4. Choose Foods That Support Sleep
These eight snacks pair common ingredients that bring sleep-supporting nutrients without anything that might compromise your rest.
● Pretzels and Peanut Butter: Pretzels are a lower-calorie, high-glycemic carb that can satisfy hunger and most people find them easy on the stomach. Whole grain versions tend to pack a decent amount of fortified vitamins and minerals, but opt for unsalted when available. Pair with a satisfying partner like unsweetened peanut butter or even cottage cheese.

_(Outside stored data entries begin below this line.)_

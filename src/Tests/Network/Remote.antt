-- ===== src/Tests/Network/Remote.antt =====
-- The remote model and the demo's server at the two ends of a slow connection.
use galculus.Common.{ℕ, suc, ◌*◌, ◌≡◌, [], ◌∷◌, codes, false}
use galculus.Core.Wire.{Bytes}
use galculus.Core.Message.{Message}
use galculus.Core.Transport.Framed.{to_frame}
use galculus.Core.Tcp.{TcpByteTransport, connect_to}
use galculus.Llm.{user, GenerationConfig, Prompt, Clock}
use galculus.Llm.Remote.{Address, RemoteLlm, generate}
use galculus.Llm.Remote.Calls.{asked}
use galculus.Llm.Remote.Handles.{generate-in_use}
use galculus.Nodes.Serving.{reply}
use galculus.Tests.Network.{slow, slow-IsStream, process, process-IsTable}

-- A clock that a reading moves on by a millisecond.
abbrev pub ticks : Clock
ticks = record { State = ℕ; now = λ n. (suc n, n * 1000000) }

abbrev address : Address
address = record {
  host = codes "h";
  port = 39200;
  source = codes "me";
  target = codes "llm.server";
}

abbrev prompt : Prompt
prompt = record { role = user; content = codes "hi" } ∷ []

abbrev config : GenerationConfig
config = record {
  max_tokens = 60;
  temperature = 0;
  top_p = 0;
  seed = 7;
  timeout_ms = 1000;
  stream = false;
}

abbrev caller : RemoteLlm process ticks
caller = record { sockets = 3 ∷ []; time = 0; request_counter = 0 }

generate-in_use_example : (generate process ticks address caller prompt config).0.sockets ≡ 3 ∷ []
unfolding connect_to
generate-in_use_example = generate-in_use process process-IsTable ticks address caller prompt config

abbrev remote : Bytes → RemoteLlm slow ticks
remote inp = record { sockets = ([], inp); time = 0; request_counter = 0 }

-- The server's answer does not depend on what the caller will read.
abbrev answer : Message
answer = reply slow slow slow-IsStream slow-IsStream ticks ticks address (remote []) prompt config 7

abbrev question : Message
question = asked slow slow-IsStream ticks address (remote []) prompt config

abbrev listening : TcpByteTransport slow
listening = record { sockets = ([], to_frame question); socket_handle = 6 }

● Rice and Veggies: Microwave leftover (or frozen pre-cooked) jasmine rice with a handful of frozen mixed veggies, or pair it with a little lean protein. Skip the soy sauce (it contains tyramine, which increases alertness) and hot sauce (the spice might cause indigestion), opting for a squeeze of lime or little hummus instead if you need a flavor boost.
● Fresh Popcorn: Popcorn is a natural whole grain and a relatively healthy carbohydrate when homemade. Try an easy microwave method or use an inexpensive air popper. Avoid too much salt or butter close to bedtime, but feel free to drizzle on a little coconut oil for its sleep-supporting lauric acid.
● Small Sandwich: Use one piece of bread cut in half, or a small flat bread or wrap. Add in a serving of low-sodium turkey or tuna, baby spinach, tomato, a couple pickles, and cheese, if you like. Skip the onions and spicy condiments, though.
● Cereal and Milk: A glass of milk is an oft-suggested sleep-inducer, but there isn’t much research to back it up. A serving of low-sugar cereal provides carbs though, which are shown to help sleep. If you don’t do dairy, feel free to swap for an unsweetened nut milk of your choice.
● Banana Roll Up: This quick snack has carbs, protein, and healthy fats. Bananas are also rich in potassium, magnesium, folate, and vitamin B6. All you need is a tortilla, a banana, and some nut butter (almonds and sunflower seeds are both rich in sleep-friendly minerals and melatonin).
● Yogurt and Granola: Yogurt is typically high in protein and low in fat, providing a good snack close to bedtime. Just be mindful of the sugar count (some can exceed candy bar levels), and swap for coconut or soy-based if dairy upsets your stomach. Lighter granola or cereal sprinkled on top adds a dose of carbs to keep you sated.
● Oatmeal with Flax: Oatmeal is a pretty easy to prepare, and it brings healthy carbs and minerals. Flax seeds offer melatonin and healthy omega-3s, and fruits like blueberries or bananas can add a little sweetness without giving a strong sugar buzz. You can also try savory oatmeal as well, seasoned with a little salt and olive oil.